Парень Евген с его руками перекрыл пути живущей в теле хищной боли, он перекрыл ей доступ к голове, которая теперь запущенно, пустынно отдыхала, покачиваясь, плыла в зыби прошедшего. Руки парня, ослабили, вдобавок, истерзавший его в ночи статус рогоносца. Эта мука скукожилась и затаилась, втянувшись отростками в собственное тулово и, пребывало там, в замаскированной норе-засаде. Лишь изредка выметывалась оттуда жгучими щупальцами – когда он поднимал глаза на Виолетту.
Жена сидела напротив, опустив глаза. Переодетая. С узлом волос на затылке, с армейской тугостью и аскетизмом стянутый шпильками.
Он жадно впитывал уют, выстроенный ею. Жена молчала. И тяжкая увесистость их общей немоты гнула ее к земле.
Наконец он отложил вилку. Откинулся на спинку стула, поднял глаза. Сказал:
– Все так, как ждал. Спасибо.
Виолетта дрогнула. Втянула воздух в себя, набрякшую тоскливой виноватостью, задышала.
– На здоровье, Николушка.
– Как твоя секция?
– Готовимся к первобле (она соединяла воедино машинально, как было принято у них, размазанное «первенство области»). Танюшка с Верой работают по мастерам. Остальные пока по первому разряду. Двоими, может быть, проскочим в сборную.
– Проскочите, – сказал он, – вам не впервой.
– Что… в госпитале, Николенька? – Она собралась с духом освобождаясь от набрякшей в ней панической тревоги. Он не ответил. Метнулась, было, прорываясь к языку исповедальная правда. Но он застопорил ее, загнал во внутрь – зачем? И обессиленый этой работой, выпустил наружу лишь обессоченно– нейтральное, как им предписывалось:
– Все лечат… вот отпустили на побывку. В семь заедет агроном, обратно отвезет… через…
Взглянул на ходики, рубившие маятником секунды на стене:
– Через два часа.
И вдруг осознал: это его последний рубеж. За которым предсмертный срыв в стерильность больничной клетки, блескучий, хищный лязг инструментов о стекло, белесые намордники врачей, защитно-металлическая серятина простеганных свинцом халатов, отгородивших свои, врачебно-чистые тела от их, излучающе-нечистых. И – тайная аскеза погребения его останков на госпитальном кладбище.
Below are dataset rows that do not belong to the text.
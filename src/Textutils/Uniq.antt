-- ===== src/Textutils/Uniq.antt =====
-- internal/applets/shellutils/uniq/uniq.go: the groups of adjacent equal lines, `filter`,
-- and `Run` behind the option parser.
-- `strings.EqualFold` is the parameter `equal_fold`.
pub mod Runs
use mimixbox.Prelude.{
  ℕ, zero, suc, ◌+◌, ◌-◌, ◌≡◌, Bool, true, false, ◌&&◌, List, [], ◌∷◌, ◌++◌, ltb, if◌then◌else◌,
  Bytes, bytes_eq, codes, Option, none, some, Result, ok, err, length,
}
use mimixbox.Golang.Bufio.{scan_lines}
use mimixbox.Golang.Strconv.{format_nat}

pub record Options : Type 0 where
  pub count : Bool
  pub repeated : Bool
  pub unique : Bool
  pub ignore_case : Bool

pub record Group : Type 0 where
  pub line : Bytes
  pub count : ℕ

unfoldable pub spaces : ℕ → Bytes
spaces zero = []
spaces (suc n) = b' ' ∷ spaces n

-- `%7d`.
unfoldable pub padded : ℕ → Bytes
unfolding spaces format_nat
padded n = spaces (7 - length (format_nat n)) ++ format_nat n

module _ (equal_fold : Bytes → Bytes → Bool) where
  unfoldable pub equal : Bytes → Bytes → Bool → Bool
  unfolding bytes_eq
  equal a b ignore_case = if ignore_case then equal_fold a b else bytes_eq a b

  -- The loop of `makeGroups`, with the last group apart.
  unfoldable pub groups_from : Bool → Group → List Bytes → List Group
  unfolding equal
  groups_from ignore_case g [] = g ∷ []
  groups_from ignore_case g (l ∷ lines) = elim (equal g.line l ignore_case) [
    | true ↦ groups_from ignore_case (record { line = g.line; count = g.count + 1 }) lines
    | false ↦ g ∷ groups_from ignore_case (record { line = l; count = 1 }) lines
  ]

  unfoldable pub make_groups : List Bytes → Bool → List Group
  unfolding groups_from
  make_groups [] ignore_case = []
  make_groups (l ∷ lines) ignore_case =
      groups_from ignore_case (record { line = l; count = 1 }) lines

  -- One round of the loop of `filter`.
  unfoldable pub write_group : Options → Group → Bytes
  unfolding padded
  write_group o g =
      if o.repeated && ltb g.count 2
      then []
      else if o.unique && ltb 1 g.count
      then []
      else if o.count
      then padded g.count ++ (codes " " ++ (g.line ++ codes "\n"))
      else g.line ++ codes "\n"

  unfoldable pub write_groups : Options → List Group → Bytes
  unfolding write_group
  write_groups o [] = []
  write_groups o (g ∷ groups) = write_group o g ++ write_groups o groups

  unfoldable pub filter : List Bytes → Options → Bytes
  unfolding write_groups make_groups
  filter lines o = write_groups o (make_groups lines o.ignore_case)

-- How a run ends: with a text for the standard output, or for the file that the second operand names,
-- or with the text of an error.
pub data Outcome : Type 0 where
  printed : Bytes → Outcome
  stored : Bytes → Bytes → Outcome
  refused : Bytes → Outcome

-- `openOutput`, with the text that is written; `create_file` is the text of an error, or none.
unfoldable pub output_to : (Bytes → Option Bytes) → List Bytes → Bytes → Outcome
unfolding bytes_eq
output_to create_file (input ∷ output ∷ _) text =
    if bytes_eq output (codes "-")
    then printed text
    else (elim (create_file output) [ some e ↦ refused e | none ↦ stored output text ])
output_to create_file _ text = printed text

abbrev pub input_name : List Bytes → Bytes
input_name [] = codes "-"
input_name (input ∷ _) = input

-- `Run` behind the option parser. `open_file` gives the bytes of a file, for "-" those of the standard
-- input, or the text of `command.FileError`.
unfoldable pub run :
    (Bytes → Bytes → Bool)
    → (Bytes → Result Bytes Bytes)
    → (Bytes → Option Bytes)
    → Options
    → List Bytes
    → Outcome
unfolding scan_lines filter output_to
run equal_fold open_file create_file o operands = elim (open_file (input_name operands)) [
  | err e ↦ refused e
  | ok text ↦ output_to create_file operands (filter equal_fold (scan_lines text) o)
]
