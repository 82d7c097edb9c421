-- ===== src/Textutils/Uniq/Runs.antt =====
-- The groups of `makeGroups` of internal/applets/shellutils/uniq/uniq.go as the runs of the lines.
use mimixbox.Prelude.{
  ℕ, zero, suc, ◌+◌, ◌≤◌, ◌≡◌, ◌≢◌, refl, ◌∙◌, ap, subst, Bool, Bool-cases, inl, inr, true, false,
  List, [], ◌∷◌, ◌++◌, arith, Bytes, bytes_eq, bytes_eq→eq, bytes_eq_refl,
}
use mimixbox.Textutils.Uniq.{Group, equal, groups_from, make_groups}

unfoldable pub repeated_line : ℕ → Bytes → List Bytes
repeated_line zero l = []
repeated_line (suc n) l = l ∷ repeated_line n l

-- The lines that the groups stand for.
unfoldable pub expanded : List Group → List Bytes
unfolding repeated_line
expanded [] = []
expanded (g ∷ groups) = repeated_line g.count g.line ++ expanded groups

-- Groups are not empty, and neighbours differ.
abbrev pub AreRuns : List Group → Type 0
AreRuns [] = Unit
AreRuns (g ∷ []) = 1 ≤ g.count
AreRuns (g ∷ h ∷ groups) = (1 ≤ g.count) × ((g.line ≢ h.line) × AreRuns (h ∷ groups))

repeated_line_moved :
    (n : ℕ) (l : Bytes) (rest : List Bytes)
    → repeated_line (suc n) l ++ rest ≡ repeated_line n l ++ l ∷ rest
unfolding repeated_line
repeated_line_moved zero l rest = refl
repeated_line_moved (suc n) l rest = ap (λ r. l ∷ r) (repeated_line_moved n l rest)

repeated_line-more :
    (n : ℕ) (l : Bytes) (rest : List Bytes)
    → repeated_line (n + 1) l ++ rest ≡ repeated_line n l ++ l ∷ rest
repeated_line-more n l rest =
    let e : n + 1 ≡ suc n = omega arith in rw e (repeated_line_moved n l rest)

bytes_ne : (s t : Bytes) → bytes_eq s t ≡ false → s ≢ t
bytes_ne s t h e =
    let same = bytes_eq_refl t in
    let other : bytes_eq t t ≡ false = subst (λ r. bytes_eq r t ≡ false) e h in absurd cc

module _ (equal_fold : Bytes → Bytes → Bool) where
  groups_from_join :
      (g : Group) (l : Bytes) (lines : List Bytes)
      → bytes_eq g.line l ≡ true
      → groups_from equal_fold false g (l ∷ lines)
        ≡ groups_from equal_fold false (record { line = g.line; count = g.count + 1 }) lines
  unfolding groups_from equal
  groups_from_join g l lines h = rw (h, groups_from) refl

  groups_from_begin :
      (g : Group) (l : Bytes) (lines : List Bytes)
      → bytes_eq g.line l ≡ false
      → groups_from equal_fold false g (l ∷ lines)
        ≡ g ∷ groups_from equal_fold false (record { line = l; count = 1 }) lines
  unfolding groups_from equal
  groups_from_begin g l lines h = rw (h, groups_from) refl

  groups_from-expanded :
      (lines : List Bytes) (g : Group)
      → expanded (groups_from equal_fold false g lines) ≡ repeated_line g.count g.line ++ lines
  unfolding expanded repeated_line
  groups_from-expanded [] g = unfold groups_from in refl
  groups_from-expanded (l ∷ lines) g = elim (Bool-cases (bytes_eq g.line l)) [
    | inl same ↦ rw (groups_from_join g l lines same) (
        groups_from-expanded lines (record { line = g.line; count = g.count + 1 })
        ∙ repeated_line-more g.count g.line lines
        ∙ ap (λ x. repeated_line g.count g.line ++ x ∷ lines) (bytes_eq→eq g.line l same))
    | inr other ↦ rw (groups_from_begin g l lines other) (
        ap (λ r. repeated_line g.count g.line ++ r)
          (groups_from-expanded lines (record { line = l; count = 1 })))
  ]

  groups_from-AreRuns :
      (lines : List Bytes) (g : Group)
      → 1 ≤ g.count
      → AreRuns (groups_from equal_fold false g lines)
        × ((h : Group)
            → 1 ≤ h.count
            → h.line ≢ g.line
            → AreRuns (h ∷ groups_from equal_fold false g lines))
  groups_from-AreRuns [] g k = unfold groups_from in (k, λ h l n. (l, (n, k)))
  groups_from-AreRuns (l ∷ lines) g k = elim (Bool-cases (bytes_eq g.line l)) [
    | inl same ↦
        rw (groups_from_join g l lines same)
          (groups_from-AreRuns lines (record { line = g.line; count = g.count + 1 }) (omega arith))
    | inr other ↦
        let later = groups_from-AreRuns lines (record { line = l; count = 1 }) (omega arith) in
        let whole = later.1 g k (bytes_ne g.line l other) in
        rw (groups_from_begin g l lines other) (whole, λ h m n. (m, (n, whole)))
  ]

  -- With case respected, the groups are the runs of equal lines: written out as often as they count
  -- they are the input, none is empty, and neighbours differ.
  pub make_groups-AreRuns :
      (lines : List Bytes)
      → (expanded (make_groups equal_fold lines false) ≡ lines)
        × AreRuns (make_groups equal_fold lines false)
  unfolding make_groups
  make_groups-AreRuns [] = (unfold expanded in refl, tt)
  make_groups-AreRuns (l ∷ lines) = (
    groups_from-expanded lines (record { line = l; count = 1 }) ∙ (unfold repeated_line in refl),
    (groups_from-AreRuns lines (record { line = l; count = 1 }) (omega arith)).0,
  )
Неожиданным болотным пузырем вдруг вспучилось и лопнуло в который уж раз видение в памяти: хлестнувшая белесой плетью по холмам по необъятности лесостепного размаха вспышка. И хотя все они, скрючившись в траншее спинами ко взрыву, закатанные в бетонную незыблемость армейского приказа угнулись противогазовыми головами в землю – вселенская, слепящая стихия атомарного распада на четырехсотметровой высоте пронизала окопный бруствер, бревна, пятисантиметровый плексиглаз, ударила сквозь затылочную кость черепа, сквозь мозг – в глазницы. Взвихрила там фосфоресцирующее свечение.
И затем – утробный долгий рык, вспоровший бездонные глубины атмосферы. Неведомый вселенский Голиаф, сожравший ночью звезды и луну, переварил их и теперь рыгнул слепящую отрыжкой. Треск разодрал весь небосвод, содрогнулась, подпрыгнула земля на сотню километров вокруг. Подброшенные ею, барахтаясь в траншее, они вставали на карачки, садились в животном ужасе, втягивали головы в плечи.